Мне кажется, что рассказы Агнона представлялись моему отцу чем-то вроде ответвления литературы на идише, а литературу на идише он не любил. Отец всегда питал стойкое отвращение к сверхъестественному и магии, к избыточной чувствительности, ко всему, что окутано туманом романтизма или мистики, ко всему, что имеет целью вскружить человеку голову эмоциями и лишить его разума. Только в последние годы жизни вкус отца изменился и он стал находить определенную прелесть в сказках, в хасидских сказаниях, в рассказах Переца [Ицхок-Лейбуш Перец (1852–1915) — классик еврейской литературы на идише, некоторые его новеллы стилизованы под еврейский фольклор.] и, возможно, в кое-каких произведениях Агнона. То, что прежде вызывало у него кривую усмешку, то, что он когда-то называл с презрением “мистика”, “фольклор”, “бабушкины сказки”, к концу жизни привлекало его. Конечно, в академическом послужном списке моего отца отмечено, что его исследовательская деятельность на последнем этапе жизни связана с неизвестной рукописью Переца. (Подобно тому, как в свидетельстве о смерти моей бабушки, умершей от переизбытка чистоты, значится только, что умерла она от разрыва сердца.) Таковы факты. Какова же истина — этого я не знаю, потому что об этом мы с отцом никогда не говорили. Он почти никогда не говорил со мной о своем детстве, о своих любовях, вообще о любви, о своих родителях, о смерти брата, о своей болезни, о своих страданиях, о страданиях вообще. И о смерти мамы мы с отцом ни разу не говорили. Ни слова. Правда, и я не попытался помочь ему, я ни разу не захотел начать с ним разговор, в конце которого могло открыться бог весть что. Если бы я стал записывать здесь все, о чем мы не разговаривали, я и мой отец, то этого хватило бы на целые две книги. Много работы оставил мне мой отец, и по сей день я все еще тружусь.

* * *

Мама, бывало, говорила об Агноне:

— Этот человек видит многое и понимает многое…

А однажды сказала:

— Возможно, он не такой уж хороший человек, но он, по крайней мере, знает, что хорошо, что плохо, а еще он знает, что у нас нет особого выбора.
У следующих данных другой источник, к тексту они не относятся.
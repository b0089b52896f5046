-- ===== src/Cpu/Mmu/Sv39/Tlb.antt =====
-- The translation buffer: what a flush removes, and that a translation that succeeded is cached.
use mathlib.Core.Path.{subst}
use rv64_emulator.Common.{
  ℕ, zero, suc, ◌+◌, ◌<◌, ◌≡◌, refl, arith, List, [], ◌∷◌, map, length, set, Option, none, some,
}
use rv64_emulator.Common.{true, ◌==◌, ==_self, Bool-cases, inl, inr, Option-cases, not}
use rv64_emulator.Common.{Access, done, refused, fault, of_le_bytes, ◌*◌, ◌%◌, ◌^◌}
use rv64_emulator.Device.Mmio.{MmioDevice}
use rv64_emulator.Cpu.Csr.State.{get}
use rv64_emulator.Cpu.Csr.Layout.{satp_asid, satp_mode}
use rv64_emulator.Cpu.Mmu.Entry.{Sv39TlbEntry, get_tlb_tag}
use rv64_emulator.Cpu.Mmu.Sv39.{
  Sv39, matches, look_up_tlb, flush_entry, flush_tlb, new_entry, fill, get_tlb_entry,
  page_table_walk, is_legal_address, tlb_size, walk, visit, Visit, invalid, pointer, leaf,
  page_entry_index,
}

flush_address_entries :
    (satp vaddr : ℕ) (tlb : List Sv39TlbEntry)
    → look_up_tlb satp vaddr (map (flush_entry vaddr 0) tlb) ≡ none
unfolding look_up_tlb matches flush_entry
flush_address_entries satp vaddr [] = refl
flush_address_entries satp vaddr (e ∷ tlb) = ground (arith, flush_address_entries satp vaddr tlb)

flush_all_entries :
    (satp vaddr : ℕ) (tlb : List Sv39TlbEntry)
    → look_up_tlb satp vaddr (map (flush_entry 0 0) tlb) ≡ none
unfolding look_up_tlb matches flush_entry
flush_all_entries satp vaddr [] = refl
flush_all_entries satp vaddr (e ∷ tlb) = ground (arith, flush_all_entries satp vaddr tlb)

-- After a flush with ASID 0 the buffer has no entry for the flushed address, in any address space,
-- and after one with address 0 as well none for any address.
pub look_up_tlb-flush_tlb :
    {B : Type 0} (s : Sv39 B) (satp vaddr : ℕ)
    → (look_up_tlb satp vaddr (flush_tlb vaddr 0 s).tlb ≡ none)
      × (look_up_tlb satp vaddr (flush_tlb 0 0 s).tlb ≡ none)
unfolding flush_tlb
look_up_tlb-flush_tlb s satp vaddr =
    (flush_address_entries satp vaddr s.tlb, flush_all_entries satp vaddr s.tlb)

-- Where nothing matched, an entry that matches is the one found wherever it is put.
look_up_set :
    (satp vaddr i : ℕ) (tlb : List Sv39TlbEntry) (e : Sv39TlbEntry)
    → i < length tlb
    → matches satp vaddr e ≡ true
    → look_up_tlb satp vaddr tlb ≡ none
    → look_up_tlb satp vaddr (set tlb i e) ≡ some e
unfolding look_up_tlb
look_up_set satp vaddr i [] e h m n = absurd (omega arith)
look_up_set satp vaddr zero (x ∷ tlb) e h m n = rw m refl
look_up_set satp vaddr (suc i) (x ∷ tlb) e h m n = ground (arith, look_up_set satp vaddr i tlb e)

new_entry-matches :
    (satp vaddr pte size : ℕ) → 0 < size → matches satp vaddr (new_entry satp vaddr pte size) ≡ true
unfolding matches new_entry
new_entry-matches satp vaddr pte size z =
    ground (arith, ==_self (get satp satp_asid), ==_self (get_tlb_tag vaddr size))

abbrev LeafSized : Visit → Type 0
LeafSized invalid = Unit {0}
LeafSized (pointer next) = Unit {0}
LeafSized (leaf pte size) = 0 < size

visit_sized : (n pte : ℕ) → LeafSized (visit n pte)
unfolding visit
visit_sized n pte = ground arith

module _ {B : Type 0} (m : MmioDevice B) where
  -- A leaf that a walk gives has a page size above 0, which marks a used entry of the buffer.
  abbrev Sized : Access (Option (ℕ × ℕ) × B) → Type 0
  Sized (done (some (pte, size), bus)) = 0 < size
  Sized (done (none, bus)) = Unit {0}
  Sized refused = Unit {0}
  Sized fault = Unit {0}

  -- One level, when the levels below give such leaves.
  abbrev after_visit : ℕ → ℕ → B → Visit → Access (Option (ℕ × ℕ) × B)
  after_visit n vaddr bus v = elim v [
    | invalid ↦ done (none, bus)
    | pointer next ↦ walk m n vaddr next bus
    | leaf pte size ↦ done (some (pte, size), bus)
  ]

  after_visit-Sized :
      (n vaddr : ℕ) (bus : B) (v : Visit)
      → ((next : ℕ) → Sized (walk m n vaddr next bus))
      → LeafSized v
      → Sized (after_visit n vaddr bus v)
  after_visit-Sized n vaddr bus invalid below h = tt
  after_visit-Sized n vaddr bus (pointer next) below h = below next
  after_visit-Sized n vaddr bus (leaf pte size) below h = h

  after_load-Sized :
      (n vaddr : ℕ) (bus : B) (r : Access (List ℕ × B))
      → ((next : ℕ) (bus' : B) → Sized (walk m n vaddr next bus'))
      → Sized (elim r [
        | refused ↦ done (none, bus)
        | fault ↦ fault
        | done (bytes, bus') ↦ after_visit n vaddr bus' (visit n (of_le_bytes bytes))
      ])
  after_load-Sized n vaddr bus refused below = tt
  after_load-Sized n vaddr bus fault below = tt
  after_load-Sized n vaddr bus (done (bytes, bus')) below =
      after_visit-Sized n vaddr bus' (visit n (of_le_bytes bytes)) (λ next. below next bus')
        (visit_sized n (of_le_bytes bytes))

  walk-Sized : (n vaddr table : ℕ) (bus : B) → Sized (walk m n vaddr table bus)
  unfolding walk
  walk-Sized zero vaddr table bus = tt
  walk-Sized (suc n) vaddr table bus =
      after_load-Sized n vaddr bus (m.load bus ((table + page_entry_index vaddr n * 8) % 2 ^ 64) 8)
        (λ next bus'. walk-Sized n vaddr next bus')

  page_table_walk-Sized : (satp vaddr : ℕ) (bus : B) → Sized (page_table_walk m satp vaddr bus)
  unfolding page_table_walk
  page_table_walk-Sized satp vaddr bus = elim (Bool-cases (not (get satp satp_mode == 8))) [
    | inl e ↦ rw e tt
    | inr e ↦ rw e (walk-Sized 3 vaddr _ bus)
  ]

  -- A translation that succeeded for an address and a satp: the same lookup finds its entry.
  abbrev Cached : ℕ → ℕ → Access (Option Sv39TlbEntry × Sv39 B) → Type 0
  Cached satp vaddr (done (some e, s)) = look_up_tlb satp vaddr s.tlb ≡ some e
  Cached satp vaddr (done (none, s)) = Unit {0}
  Cached satp vaddr refused = Unit {0}
  Cached satp vaddr fault = Unit {0}

  fill-Cached :
      (satp vaddr : ℕ) (s : Sv39 B)
      → s.index < length s.tlb
      → look_up_tlb satp vaddr s.tlb ≡ none
      → Cached satp vaddr (fill m satp vaddr s)
  unfolding fill
  fill-Cached satp vaddr s h n =
      go (page_table_walk m satp vaddr s.bus) (page_table_walk-Sized satp vaddr s.bus)
    where
      go :
          (r : Access (Option (ℕ × ℕ) × B))
          → Sized r
          → Cached satp vaddr (elim r [
            | refused ↦ refused
            | fault ↦ fault
            | done (none, bus) ↦
                done (none, record s { cache_miss = (s.cache_miss + 1) % 2 ^ 64; bus = bus })
            | done (some (pte, size), bus) ↦ done (
              some (new_entry satp vaddr pte size),
              record s {
                cache_miss = (s.cache_miss + 1) % 2 ^ 64;
                bus = bus;
                tlb = set s.tlb s.index (new_entry satp vaddr pte size);
                index = (s.index + 1) % tlb_size;
              },
            )
          ])
      go refused z = tt
      go fault z = tt
      go (done (none, bus)) z = tt
      go (done (some (pte, size), bus)) z =
          look_up_set satp vaddr s.index s.tlb _ h (new_entry-matches satp vaddr pte size z) n

  get_tlb_entry_all :
      (satp vaddr : ℕ) (s : Sv39 B)
      → s.index < length s.tlb
      → Cached satp vaddr (get_tlb_entry m satp vaddr s)
  unfolding get_tlb_entry
  get_tlb_entry_all satp vaddr s h = elim (Bool-cases (not (is_legal_address vaddr))) [
    | inl e ↦ rw e tt
    | inr e ↦ elim (Option-cases (look_up_tlb satp vaddr s.tlb)) [
      | inl n ↦ rw (e, n) (fill-Cached satp vaddr s h n)
      | inr (x, q) ↦ rw (e, q) q
    ]
  ]

-- A translation that succeeds leaves its entry in the buffer, where the same lookup finds it.
pub get_tlb_entry_cached :
    {B : Type 0} (m : MmioDevice B) (satp vaddr : ℕ) (s s' : Sv39 B) (entry : Sv39TlbEntry)
    → s.index < length s.tlb
    → get_tlb_entry m satp vaddr s ≡ done (some entry, s')
    → look_up_tlb satp vaddr s'.tlb ≡ some entry
get_tlb_entry_cached m satp vaddr s s' entry h e =
    subst (Cached m satp vaddr) e (get_tlb_entry_all m satp vaddr s h)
Она читала и перечитывала почти каждой зимой рассказы Агнона, вошедшие в его книгу “На скобы замка”. Быть может, находила в них отзвук своей печали и своего одиночества. Я тоже время от времени перечитываю слова Тирцы, открывающие рассказ “Во цвете лет”:

...

Во цвете лет умерла мать моя. Тридцать лет и один год было ей, когда она умерла. Скудны и бедственны были дни двух ее жизней. Целый день сидела она дома и из дома не выходила… В безмолвии застыл наш печальный дом, двери его для чужих не отворялись. В постели лежала мать моя, и речи ее были немногословны…

Да ведь едва ли не такими же словами описал Агнон и мою мать: “Войдя, она остановилась на пороге, и речи ее были немногословны”.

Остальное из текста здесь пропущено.